The young man said, ‘No,’ and turned his face away.

Under normal circumstances, Krishna would have gone and found another traveller but that day he just stood beside the news-stand nearby absorbed in his own thoughts.

‘Krishna,’ he said to himself ‘You are not made out for that kind of stuff, see? You certainly can’t snatch the briefcase and run. Crime is not your cup of tea. You can’t do it. So, suffer. Be an honest man . . .’

…By now the train had gathered speed and had moved out of the platform. The ticket collector was at the other end and no one else seemed to give any serious attention to his movements. Taking advantage, Krishna jumped out of the train, adjusting his gait to avoid falling…He stood still for a while, briefcase in his hand, taking stock of the situation. It was clear that he couldn’t walk out of there or go home carrying an elegant, new briefcase. He would have to transfer the contents into his old worn-out airbag in which he carried his uniform and lunch-box every morning when he came to the station…He collected the bag from the shelf and walked back to the shed to collect the briefcase, which was locked, just as he had expected it to be. He decided to break it open after going

home, if it could somehow be fitted into the bag.

…He pushed open the door and went in. Apart from the tiny kitchen there were only two rooms. In one of them was an old hand-operating sewing machine his nineteen-yearold daughter used to earn a few rupees doing simple stitching and mending jobs for the neighbours. She had fallen asleep on a floor mat, waiting for him. Beside her was his dinner: Ragi balls, beans curry and tamarind chutney. Meenakshi was smiling in her sleep. Her dream world was perhaps happier than the real world he had brought her into. Tears came rolling down his eyes as he saw her torn skirt, plastic bangles and imitation gold earrings. Perhaps it would all change now. How lovely she would look with real gold ornaments! He was hungry but decided to eat later. First, he had to open the briefcase and he had better do it without waking them up. There was no light in the other room where Ambuja, his wife, seemed to be sleeping soundly, thanks to the sleeping tablets he had managed to get her in the morning. Carrying the briefcase, he tiptoed into the tiny kitchen. The electric light wasn’t working because the bulb had popped. He lit the kerosene lamp, softly pushed the door shut and sat on the floor. Holding the briefcase in his lap he examined the locks, trying to figure out the best way to pry them open with the least noise. That was when he heard the peculiar ticking sound coming from inside the briefcase. What happened next took only a split second. A fire-orange, dazzling flash, followed by an ear-splitting blast! Krishna couldn’t complete the scream that rose in his throat.

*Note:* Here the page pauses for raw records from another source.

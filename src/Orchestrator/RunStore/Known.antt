-- ===== src/Orchestrator/RunStore/Known.antt =====
-- Saving runs that the store knows already (internal/storage/file_run_store.go).
use nexixai_agentos.Prelude.{string_key}
use nexixai_agentos.Prelude.{
  ◌≤◌, String, ◌≡◌, ◌⊎◌, refl, sym, ◌∙◌, subst, ap, Bool, true, false, Option, none, some, List, [],
  ◌∷◌, ◌++◌, ◌==◌, if◌then◌else◌, ◌||◌, ltb, is_some, get_or, inl, inr, Bool-cases, Option-cases,
  ==_refl, ◌&&◌, All, All-select, arith,
}
use nexixai_agentos.Prelude.Dict.{Dict, get, put, size, get-put, size-put}
use nexixai_agentos.Prelude.Apart.{IsApart}
use nexixai_agentos.Prelude.Listing.{erase}
use nexixai_agentos.Orchestrator.Types.{Run}
use nexixai_agentos.Orchestrator.RunStore.{
  max_runs_in_run_store, FileRunStore, is_invalid, touch_order_locked, evict_locked, store_locked,
  save, lookup, values, list_child_runs, new_file_run_store,
}
use nexixai_agentos.Orchestrator.RunStore.Order.{
  Inv, looks_up, step-Inv, store_locked-Inv, new_file_run_store-Inv,
}
use nexixai_agentos.Orchestrator.RunStore.Lookup.{
  persist_locked-runs, get-store_locked, get-store_locked_other,
}

-- While there is room, nothing is evicted.
evict_locked-room :
    (order : List String) (runs disk : Dict String Run)
    → size runs ≤ max_runs_in_run_store
    → (evict_locked runs order disk).runs ≡ runs
unfolding evict_locked
evict_locked-room [] runs disk h = refl
evict_locked-room (k ∷ order) runs disk h =
    let room : ltb max_runs_in_run_store (size runs) ≡ false = ground arith in rw room refl

-- Storing a run under a key that is there changes that run alone.
pub get-store_locked_known :
    (s : FileRunStore) (key k : String) (run : Run) (disk_ok : Bool)
    → Inv s
    → is_some (get s.runs key) ≡ true
    → get (store_locked s key run disk_ok).0.runs k ≡ (if key == k then some run else get s.runs k)
unfolding store_locked touch_order_locked
get-store_locked_known s key k run disk_ok inv known =
    let room : size (put s.runs key run) ≤ max_runs_in_run_store =
      ground (arith, size-put s.runs key run, inv.capped) in
    rw
      (
        persist_locked-runs
            (evict_locked (put s.runs key run) (erase key s.run_order ++ key ∷ []) s.disk) disk_ok,
        evict_locked-room (erase key s.run_order ++ key ∷ []) (put s.runs key run) s.disk room,
      )
      (get-put s.runs key k run)

get-cons :
    (m : Dict String Run) (j k : String) (v r : Run)
    → get m j ≡ none
    → get m k ≡ some r
    → get ((j, v) ∷ m) k ≡ some r
unfolding get
get-cons m j k v r n h = ground (arith, string_key.same_iff j k)

module _ (storage_key : String → String → String) where
  -- The store is in order, and has each run under its own key.
  pub record IsKeyed (s : FileRunStore) : Type 0 where
    pub ordered : Inv s
    pub keyed :
        (k : String) (r : Run) → get s.runs k ≡ some r → storage_key r.tenant_id r.run_id ≡ k

  abbrev pub IsStored : Dict String Run → Run → Type 0
  IsStored m r = get m (storage_key r.tenant_id r.run_id) ≡ some r

  -- A save refuses the run, or stores it.
  pub save-cases :
      (s : FileRunStore) (ctx_done : Bool) (run : Run) (disk_ok : Bool)
      → ((save storage_key s ctx_done run disk_ok).0 ≡ s)
          × (is_some (save storage_key s ctx_done run disk_ok).1 ≡ true)
        ⊎ (save storage_key s ctx_done run disk_ok
            ≡ store_locked s (storage_key run.tenant_id run.run_id) run disk_ok)
  unfolding save
  save-cases s ctx_done run disk_ok = elim (Bool-cases ctx_done) [
    | inl b ↦ rw b (inl (refl, refl))
    | inr b ↦ elim (Bool-cases (is_invalid run)) [
      | inl i ↦ rw (b, i) (inl (refl, refl))
      | inr i ↦ rw (b, i) (inr refl)
    ]
  ]

  pub lookup-runs :
      (s : FileRunStore) (ctx_done : Bool) (tenant_id run_id : String)
      → (lookup storage_key s ctx_done tenant_id run_id).0.runs ≡ s.runs
  unfolding lookup touch_order_locked
  lookup-runs s ctx_done tenant_id run_id = ground arith

  abbrev pub IsFound : String → FileRunStore × Option (Option Run) → Type 0
  IsFound key (s, some (some run)) = get s.runs key ≡ some run
  IsFound key (s, some none) = Unit
  IsFound key (s, none) = Unit

  -- What holds of each run under its key holds of all of them.
  values-All :
      (P : Run → Type 0) (m : Dict String Run)
      → ((k : String) (r : Run) → get m k ≡ some r → P r)
      → IsApart m
      → All P (values m)
  unfolding get
  values-All P [] h a = tt
  values-All P ((j, v) ∷ m) h a =
      (h j v (rw (==_refl j) refl), values-All P m (λ k r e. h k r (get-cons m j k v r a.0 e)) a.1)

  pub list_child_runs-IsStored :
      (s : FileRunStore) (ctx_done : Bool) (tenant_id parent : String)
      → IsKeyed s
      → All (IsStored s.runs) (get_or (list_child_runs s ctx_done tenant_id parent) [])
  unfolding list_child_runs
  list_child_runs-IsStored s ctx_done tenant_id parent ok =
      let all =
        values-All (IsStored s.runs) s.runs
          (λ k r e. subst (λ j. get s.runs j ≡ some r) (sym (ok.keyed k r e)) e) ok.ordered.apart in
      elim (Bool-cases ctx_done) [
        | inl b ↦ rw b tt
        | inr b ↦ elim (Bool-cases (tenant_id == "" || parent == "")) [
          | inl e ↦ rw (b, e) tt
          | inr e ↦
              rw (b, e)
                (All-select (IsStored s.runs)
                  (λ (r : Run).
                    r.tenant_id == tenant_id && (r.retry_of == parent || r.parent_run_id == parent))
                  (values s.runs) all)
        ]
      ]

  pub lookup-IsFound :
      (s : FileRunStore) (ctx_done : Bool) (tenant_id run_id : String)
      → IsFound (storage_key tenant_id run_id) (lookup storage_key s ctx_done tenant_id run_id)
  unfolding lookup touch_order_locked
  lookup-IsFound s ctx_done tenant_id run_id =
      let key = storage_key tenant_id run_id in
      elim (Bool-cases ctx_done) [
        | inl b ↦ rw b tt
        | inr b ↦ elim (Bool-cases (tenant_id == "" || run_id == "")) [
          | inl e ↦ rw (b, e) tt
          | inr e ↦ elim (Option-cases (get s.runs key)) [
            | inl n ↦ rw (b, e, n) tt
            | inr (run, n) ↦ rw (b, e, n) n
          ]
        ]
      ]

  pub lookup-IsKeyed :
      (s : FileRunStore) (ctx_done : Bool) (tenant_id run_id : String)
      → IsKeyed s
      → IsKeyed (lookup storage_key s ctx_done tenant_id run_id).0
  lookup-IsKeyed s ctx_done tenant_id run_id ok = record {
    ordered = step-Inv storage_key s (looks_up ctx_done tenant_id run_id) ok.ordered;
    keyed = λ k r e.
        ok.keyed k r (subst (λ m. get m k ≡ some r) (lookup-runs s ctx_done tenant_id run_id) e);
  }

  -- A store where all saves went through is keyed; eviction keeps it so.
  store_locked-IsKeyed :
      (s : FileRunStore) (run : Run) (disk_ok : Bool)
      → IsKeyed s
      → IsKeyed (store_locked s (storage_key run.tenant_id run.run_id) run disk_ok).0
  store_locked-IsKeyed s run disk_ok ok =
      let key = storage_key run.tenant_id run.run_id in
      let own = get-store_locked s key run disk_ok ok.ordered in
      record {
        ordered = store_locked-Inv s key run disk_ok ok.ordered;
        keyed = λ k r e. elim (Bool-cases (key == k)) [
          | inl b ↦
              let same = (string_key.same_iff key k).0 b in
              let there = ap (λ j. get (store_locked s key run disk_ok).0.runs j) same in
              ground (arith, own, there, same, e)
          | inr b ↦ elim (get-store_locked_other s key k run disk_ok b) [
            | inl same ↦ ok.keyed k r (sym same ∙ e)
            | inr gone ↦ cc
          ]
        ];
      }

  pub save-IsKeyed :
      (s : FileRunStore) (ctx_done : Bool) (run : Run) (disk_ok : Bool)
      → IsKeyed s
      → IsKeyed (save storage_key s ctx_done run disk_ok).0
  save-IsKeyed s ctx_done run disk_ok ok = elim (save-cases s ctx_done run disk_ok) [
    | inl e ↦ rw e.0 ok
    | inr e ↦ rw e (store_locked-IsKeyed s run disk_ok ok)
  ]

pub new_file_run_store-IsKeyed :
    (storage_key : String → String → String) → IsKeyed storage_key new_file_run_store
unfolding new_file_run_store get
new_file_run_store-IsKeyed storage_key = record {
  ordered = new_file_run_store-Inv;
  keyed = λ k r e. absurd (cc);
}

The same night, just as the train moved out of the station, the young man emerged from the canteen, walked up to the public telephone booth and dialled his boss’s number. ‘Okay sir, all done. Too much security for the minister, sir. Didn’t want to risk getting caught, so planted the briefcase in the next compartment. Range more than enough, sir.’ ‘Thank you, goodbye,’ said the man on the other side and hung up. Then with a smile on his lips, he poured himself a peg of Old Monk rum and drank it up straight, celebrating in advance the death of Enemy Number One.




The Homecoming and Other Stories is a collection of short stories by Sri M that explore the impact of human behaviour and the nuances of spirituality.